Figure 5. Osteoblast differentiation is arrested by inhibition of dynamin-dependent endocytosis.

(A,B) Confluent C2C12 cells were serum-starved for 2 h prior to stimulation with the indicated concentrations of BMP-2. After 72 h of stimulation, cells were lysed and ALP activity was measured at 405 nm by conversion of para-nitrophenylphosphate. A schematic representation of the treatment is depicted above the respective histogram.
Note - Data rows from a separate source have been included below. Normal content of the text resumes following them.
-- ===== src/Archive/Filters.antt =====
-- What the archive's list asks for (components/archive/ArchiveWorkspace.tsx): the filters, their
-- handlers and the open branches of the tree. A select's value and the statuses are texts; `number` is `Number` on a text, and `none` is `NaN` or an infinity.
pub mod Actions
pub mod Query
pub mod Opened
pub mod Refinement
use clip_to_doc_archive.Prelude.Int.{ℤ, pos}
use clip_to_doc_archive.Json.{Number, whole, decimal}
use clip_to_doc_archive.Archive.Presets.{PresetPayload}
use mathlib.Core.Option
use clip_to_doc_archive.Prelude.{
  ℕ, suc, ◌+◌, ◌-◌, ◌/◌, min, max, ◌||◌, Option, none, some, List, [], ◌∷◌, map, if◌then◌else◌,
  ◌==◌, nat_eq, list_eq, is_empty, contains,
}
use clip_to_doc_archive.Text.{Text, codes}

-- `searchParams.get(name)`
abbrev pub SearchParams : Type 0
SearchParams = Text → Option Text

abbrev pub default_page_size : ℕ
default_page_size = 50

-- An integer that is greater than 0.
abbrev pub positive : Option Number → Option ℕ
positive (some (whole (pos (suc n)))) = some (suc n)
positive _ = none

unfoldable pub parse_optional_positive_int : (Text → Option Number) → Option Text → Option ℕ
parse_optional_positive_int number none = none
parse_optional_positive_int number (some value) =
    if is_empty value then none else positive (number value)

unfoldable pub parse_review_status : Text → Text
parse_review_status value =
    if value == codes "NONE" || value == codes "NEEDS_REVIEW" || value == codes "RESOLVED"
    then value
    else []

abbrev pub sort_fields : List Text
sort_fields =
    codes "event_date"
    ∷ codes "ingested_at"
    ∷ codes "created_at"
    ∷ codes "title"
    ∷ codes "last_modified_at"
    ∷ []

unfoldable pub parse_sort_by : Text → Text
parse_sort_by value = if contains sort_fields value then value else codes "event_date"

unfoldable pub parse_sort_order : Text → Text
parse_sort_order value =
    if value == codes "asc" || value == codes "desc" then value else codes "desc"

-- A text, or the empty one where there is none.
abbrev pub text_or_empty : Option Text → Text
text_or_empty none = []
text_or_empty (some s) = s

-- `text || null`
abbrev pub filled : Text → Option Text
filled s = if is_empty s then none else some s

abbrev pub option_or_1 : Option ℕ → ℕ
option_or_1 none = 1
option_or_1 (some n) = n

-- `expanded_years` is `expandedYearsByCategory[category] ?? null`.
pub record Filters : Type 0 where
  pub category_filter : Text
  pub year_filter : Option ℤ
  pub month_filter : Option ℤ
  pub review_status : Text
  pub search_input : Text
  pub search_query : Text
  pub sort_by : Text
  pub sort_order : Text
  pub page : ℕ
  pub page_size : ℕ
  pub expanded_category : Option Text
  pub expanded_years : Text → Option ℤ

abbrev pub no_years : Text → Option ℤ
no_years category = none

-- `{ ...prev, [category]: year }`
abbrev pub put_year : Text → Option ℤ → (Text → Option ℤ) → Text → Option ℤ
put_year category year prev c = if c == category then year else prev c

-- `category ? { [category]: year ?? null } : {}`
abbrev pub only_year : Text → Option ℤ → Text → Option ℤ
only_year category year = if is_empty category then no_years else put_year category year no_years

-- The effect of `[searchParams]`; the page size stays.
unfoldable pub from_search_params : (Text → Option Number) → SearchParams → Filters → Filters
unfolding parse_optional_positive_int parse_review_status parse_sort_by parse_sort_order
from_search_params number get f =
    let category = text_or_empty (get (codes "category")) in
    let year = Option.map pos (parse_optional_positive_int number (get (codes "year"))) in
    record {
      category_filter = category;
      year_filter = year;
      month_filter = Option.map pos (parse_optional_positive_int number (get (codes "month")));
      review_status = parse_review_status (text_or_empty (get (codes "review_status")));
      search_input = text_or_empty (get (codes "q"));
      search_query = text_or_empty (get (codes "q"));
      sort_by = parse_sort_by (text_or_empty (get (codes "sort_by")));
      sort_order = parse_sort_order (text_or_empty (get (codes "sort_order")));
      page = option_or_1 (parse_optional_positive_int number (get (codes "page")));
      page_size = f.page_size;
      expanded_category = filled category;
      expanded_years = only_year category year;
    }

-- The state of `clearFilters`.
abbrev pub cleared : Filters
cleared = record {
  category_filter = [];
  year_filter = none;
  month_filter = none;
  review_status = [];
  search_input = [];
  search_query = [];
  sort_by = codes "event_date";
  sort_order = codes "desc";
  page = 1;
  page_size = default_page_size;
  expanded_category = none;
  expanded_years = no_years;
}

-- `size > 0 ? size : DEFAULT_PAGE_SIZE`
abbrev pub positive_or_default : ℤ → ℕ
positive_or_default (pos (suc n)) = suc n
positive_or_default _ = default_page_size

-- What `applyViewPreset` sets of the filters.
unfoldable pub apply_payload : PresetPayload → Filters
unfolding parse_review_status parse_sort_by parse_sort_order
apply_payload p = record {
  category_filter = p.category_filter;
  year_filter = p.year_filter;
  month_filter = p.month_filter;
  review_status = parse_review_status p.review_status;
  search_input = p.search_query;
  search_query = p.search_query;
  sort_by = parse_sort_by p.sort_by;
  sort_order = parse_sort_order p.sort_order;
  page = 1;
  page_size = positive_or_default p.page_size;
  expanded_category = filled p.category_filter;
  expanded_years = only_year p.category_filter p.year_filter;
}

unfoldable pub toggle_column_sort : Text → Filters → Filters
toggle_column_sort target f =
    if f.sort_by == target
    then record f {
      sort_order = if f.sort_order == codes "desc" then codes "asc" else codes "desc";
      page = 1;
    }
    else record f { sort_by = target; sort_order = codes "desc"; page = 1 }

unfoldable pub sort_marker : Text → Filters → Text
sort_marker target f =
    if f.sort_by == target
    then (if f.sort_order == codes "desc" then codes "↓" else codes "↑")
    else codes "↕"

abbrev pub apply_search : Filters → Filters
apply_search f = record f { search_query = f.search_input; page = 1 }

unfoldable pub select_category : Text → Filters → Filters
select_category category f = record f {
  expanded_category = some category;
  expanded_years = put_year category none f.expanded_years;
  category_filter = category;
  year_filter = none;
  month_filter = none;
  page = 1;
}

unfoldable pub select_year : Text → ℤ → Filters → Filters
select_year category year f = record f {
  expanded_category = some category;
  expanded_years = put_year category (some year) f.expanded_years;
  category_filter = category;
  year_filter = some year;
  month_filter = none;
  page = 1;
}

unfoldable pub select_month : Text → ℤ → ℤ → Filters → Filters
select_month category year month f = record f {
  expanded_category = some category;
  expanded_years = put_year category (some year) f.expanded_years;
  category_filter = category;
  year_filter = some year;
  month_filter = some month;
  page = 1;
}

-- `Math.max(1, Math.ceil(total / pageSize))`
unfoldable pub total_pages : (total page_size : ℕ) → ℕ
total_pages total page_size = max 1 ((total + page_size - 1) / page_size)

abbrev pub previous_page : Filters → Filters
previous_page f = record f { page = max 1 (f.page - 1) }

unfoldable pub next_page : ℕ → Filters → Filters
unfolding total_pages
next_page total f = record f { page = min (total_pages total f.page_size) (f.page + 1) }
The histograms show mean ± s.d. of triplicate measurements representative of three independent experiments. (A) During starvation and initial 4 h of stimulation, 40 µM dynasore or 0.05% DSMO were added. (P-values in relation to control treated samples). (B) After 4 h of stimulation, BMP-2-containing medium was replaced by medium without BMP-2. (** P-values in relation to unstimulated samples; 30 nM: P = 0.008, 60 nM: P = 0.0017) (C–G) Confluent C2C12 cells were treated as described in (A) with 30 nM BMP-2. Total RNA was isolated, cDNA was synthesized and mRNA expression was analyzed by qPCR using specific mouse primers (Table S1). Histograms show mean normalized expression (MNE) with standard error of duplicate measurements relative to the housekeeping gene GAPDH. The results are representative of three independent experiments.